YOUR TASK ▸ Of the lines listed below, return exactly those that run from the line containing "enter_all-IsSound [] t s h = s" through the line containing "popped-IsSound t c", both included.

[Collected data entries]

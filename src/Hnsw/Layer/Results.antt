-- ===== src/Hnsw/Layer/Results.antt =====
-- The results of `search_layer` as its callers use them.
use gvector.Prelude.{
  ℕ, zero, suc, ◌+◌, ◌≤◌, max, ◌≡◌, refl, ap, subst, inl, inr, true, false, List, [], ◌∷◌, arith,
  ltb, Bool-cases, length, get_or, replicate, All, nat_key, string_key,
}
use gvector.Types.{Cand}
use gvector.Types.Order.{cand_ord}
use gvector.Order.Sort.{insert_sorted, IsSorted, sort-IsSorted, length-insert_sorted, length-sort}
use gvector.Order.Heap.{push}
use gvector.Order.Members.{
  All-sort, length-pop, Starts, Starts-insert_sorted, Starts-insert_self, Starts-pop, Starts-sort,
}
use gvector.Distance.{F32Ops}
use gvector.BruteForce.Contains.{IsDistinct}
use gvector.Hnsw.{HnswIndex, cand_at}
use gvector.Hnsw.Layer.{
  Traversal, LayerQuery, admissible, enter, enter_all, admit, within, visit, layer_loop, start,
  search_layer,
}
use gvector.Hnsw.Layer.Slots.{slots, sort-IsDistinct}
use gvector.Hnsw.Layer.Found.{
  HasLevel, IsClosed, IsHit, IsSound, enter-IsSound, visit-IsSound, layer_loop-keeps,
}

length-replicate {ℓ} : {A : Type ℓ} (n : ℕ) (a : A) → length (replicate n a) ≡ n
length-replicate zero a = refl
length-replicate (suc n) a = ap suc (length-replicate n a)

get_or-unmarked : (n i : ℕ) → get_or (replicate n false) i false ≡ false
get_or-unmarked zero i = refl
get_or-unmarked (suc n) zero = refl
get_or-unmarked (suc n) (suc i) = get_or-unmarked n i

module _ (ops : F32Ops) {R : Type 0} (idx : HnswIndex R) (ask : LayerQuery) where
  pub start-IsSound : IsSound ops idx ask (start ops idx ask)
  start-IsSound = record {
    size = length-replicate (length idx.links) false;
    places = tt;
    hits = tt;
    marked = λ s q. cc;
    distinct = tt;
  }

  pub enter_all-IsSound :
      (eps : List ℕ) (t : Traversal)
      → IsSound ops idx ask t
      → All (HasLevel idx.links ask.level) eps
      → IsSound ops idx ask (enter_all ops idx ask eps t)
  unfolding enter_all
  enter_all-IsSound [] t s h = s
  enter_all-IsSound (ep ∷ eps) t s (h, hs) =
      enter_all-IsSound eps (enter ops idx ask ep t) (enter-IsSound ops idx ask ep t s h) hs

  pub popped-IsSound :
      (t : Traversal) (c : Cand) (rest : List Cand)
      → t.candidates ≡ c ∷ rest
      → IsSound ops idx ask t
      → IsSound ops idx ask (record t { candidates = rest })
  popped-IsSound t c rest e s = record {
    size = s.size;
    places = (subst (All (λ d. HasLevel idx.links ask.level d.slot)) e s.places).1;
    hits = s.hits;
    marked = s.marked;
    distinct = s.distinct;
  }

  loop-IsSound :
      IsClosed idx.links
      → (fuel : ℕ) (t : Traversal) → IsSound ops idx ask t
      → IsSound ops idx ask (layer_loop ops idx ask fuel t)
  loop-IsSound closed fuel t s =
      layer_loop-keeps ops idx ask (IsSound ops idx ask) popped-IsSound
        (λ nb u v h. visit-IsSound ops idx ask nb u v h) closed fuel t s

  -- The heap of results never grows past `ef` and what it was before.
  length-admit :
      (c : Cand) (rs : List Cand) (b : ℕ)
      → ask.ef ≤ b
      → length rs ≤ b
      → length (admit ops idx ask c rs) ≤ b
  unfolding admit push
  length-admit c rs b e h =
      ground (arith, length-insert_sorted c rs, length-pop (insert_sorted c rs))

  visit-length :
      (b nb : ℕ) (t : Traversal)
      → ask.ef ≤ b
      → length t.results ≤ b
      → length (visit ops idx ask nb t).results ≤ b
  unfolding visit
  visit-length b nb t e h =
      ground (arith, length-admit (cand_at ops idx ask.query nb) t.results b e h)

  enter_all-length :
      (eps : List ℕ) (t : Traversal)
      → length (enter_all ops idx ask eps t).results ≤ length t.results + length eps
  unfolding enter_all enter push
  enter_all-length [] t = omega arith
  enter_all-length (ep ∷ eps) t = ground (
    arith,
    length-insert_sorted (cand_at ops idx ask.query ep) t.results,
    enter_all-length eps (enter ops idx ask ep t),
  )

  -- The nearest result is never farther than a result that was there.
  admit-Starts : (e c : Cand) (rs : List Cand) → Starts e rs → Starts e (admit ops idx ask c rs)
  unfolding admit push
  admit-Starts e c [] h = absurd h
  admit-Starts e c (r ∷ rs) h =
      let more = Starts-insert_sorted e c (r ∷ rs) h in
      let n = length-insert_sorted c (r ∷ rs) in
      elim (Bool-cases (ltb ask.ef (length (insert_sorted c (r ∷ rs))))) [
        | inl q ↦ rw q (Starts-pop e (insert_sorted c (r ∷ rs)) (omega arith) more)
        | inr q ↦ rw q more
      ]

  visit-Starts :
      (e : Cand) (nb : ℕ) (t : Traversal)
      → Starts e t.results
      → Starts e (visit ops idx ask nb t).results
  unfolding visit
  visit-Starts e nb t h =
      let c = cand_at ops idx ask.query nb in
      elim (Bool-cases (get_or t.visited nb false)) [
        | inl q ↦ rw q h
        | inr q ↦ elim (Bool-cases (within ops idx ask c.dist t.results)) [
          | inr w ↦ rw (q, w) h
          | inl w ↦ elim (Bool-cases (admissible ops idx ask nb)) [
            | inr a ↦ rw (q, w, a) h
            | inl a ↦ rw (q, w, a) (admit-Starts e c t.results h)
          ]
        ]
      ]

  -- Every result is a node of the layer that may be returned, with its distance; they are in
  -- order, without repetition, and at most `ef` or as many as the entry points.
  pub search_layer-IsHit :
      (eps : List ℕ)
      → IsClosed idx.links
      → All (HasLevel idx.links ask.level) eps
      → let found = (search_layer ops idx ask eps).0 in
        All (IsHit ops idx ask) found
        × IsSorted found
        × IsDistinct (slots found)
        × (length found ≤ max ask.ef (length eps))
  unfolding search_layer
  search_layer-IsHit eps closed h =
      let entered = enter_all ops idx ask eps (start ops idx ask) in
      let t = layer_loop ops idx ask (suc (length idx.links)) entered in
      let sound =
        loop-IsSound closed (suc (length idx.links)) entered
          (enter_all-IsSound eps (start ops idx ask) start-IsSound h) in
      let short : length t.results ≤ max ask.ef (length eps) =
        layer_loop-keeps ops idx ask (λ u. length u.results ≤ max ask.ef (length eps))
          (λ u c rest e p. p)
          (λ nb u p l. visit-length (max ask.ef (length eps)) nb u (omega arith) p) closed
          (suc (length idx.links)) entered
          (omega (arith, enter_all-length eps (start ops idx ask))) in
      (
        All-sort (IsHit ops idx ask) t.results sound.hits,
        sort-IsSorted t.results,
        sort-IsDistinct t.results sound.distinct,
        omega (arith, length-sort t.results, short),
      )

  -- From one entry point that may be returned, the search finds something, and the first result
  -- is not farther than the entry point.
  pub search_layer-Starts :
      (ep : ℕ)
      → IsClosed idx.links
      → admissible ops idx ask ep ≡ true
      → Starts (cand_at ops idx ask.query ep) (search_layer ops idx ask (ep ∷ [])).0
  unfolding search_layer enter_all enter push
  search_layer-Starts ep closed a =
      let c = cand_at ops idx ask.query ep in
      let entered = enter_all ops idx ask (ep ∷ []) (start ops idx ask) in
      let unmarked : get_or (replicate (length idx.links) false) ep false ≡ false =
        get_or-unmarked (length idx.links) ep in
      Starts-sort c (layer_loop ops idx ask (suc (length idx.links)) entered).results (
        layer_loop-keeps ops idx ask (λ u. Starts c u.results) (λ u d rest e p. p)
          (λ nb u p l. visit-Starts c nb u p) closed (suc (length idx.links)) entered
          (rw (unmarked, a) (Starts-insert_self c [])))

TASK RESULT ▸
  enter_all-IsSound [] t s h = s
  enter_all-IsSound (ep ∷ eps) t s (h, hs) =
      enter_all-IsSound eps (enter ops idx ask ep t) (enter-IsSound ops idx ask ep t s h) hs

  pub popped-IsSound :
      (t : Traversal) (c : Cand) (rest : List Cand)
      → t.candidates ≡ c ∷ rest
      → IsSound ops idx ask t
      → IsSound ops idx ask (record t { candidates = rest })
  popped-IsSound t c rest e s = record {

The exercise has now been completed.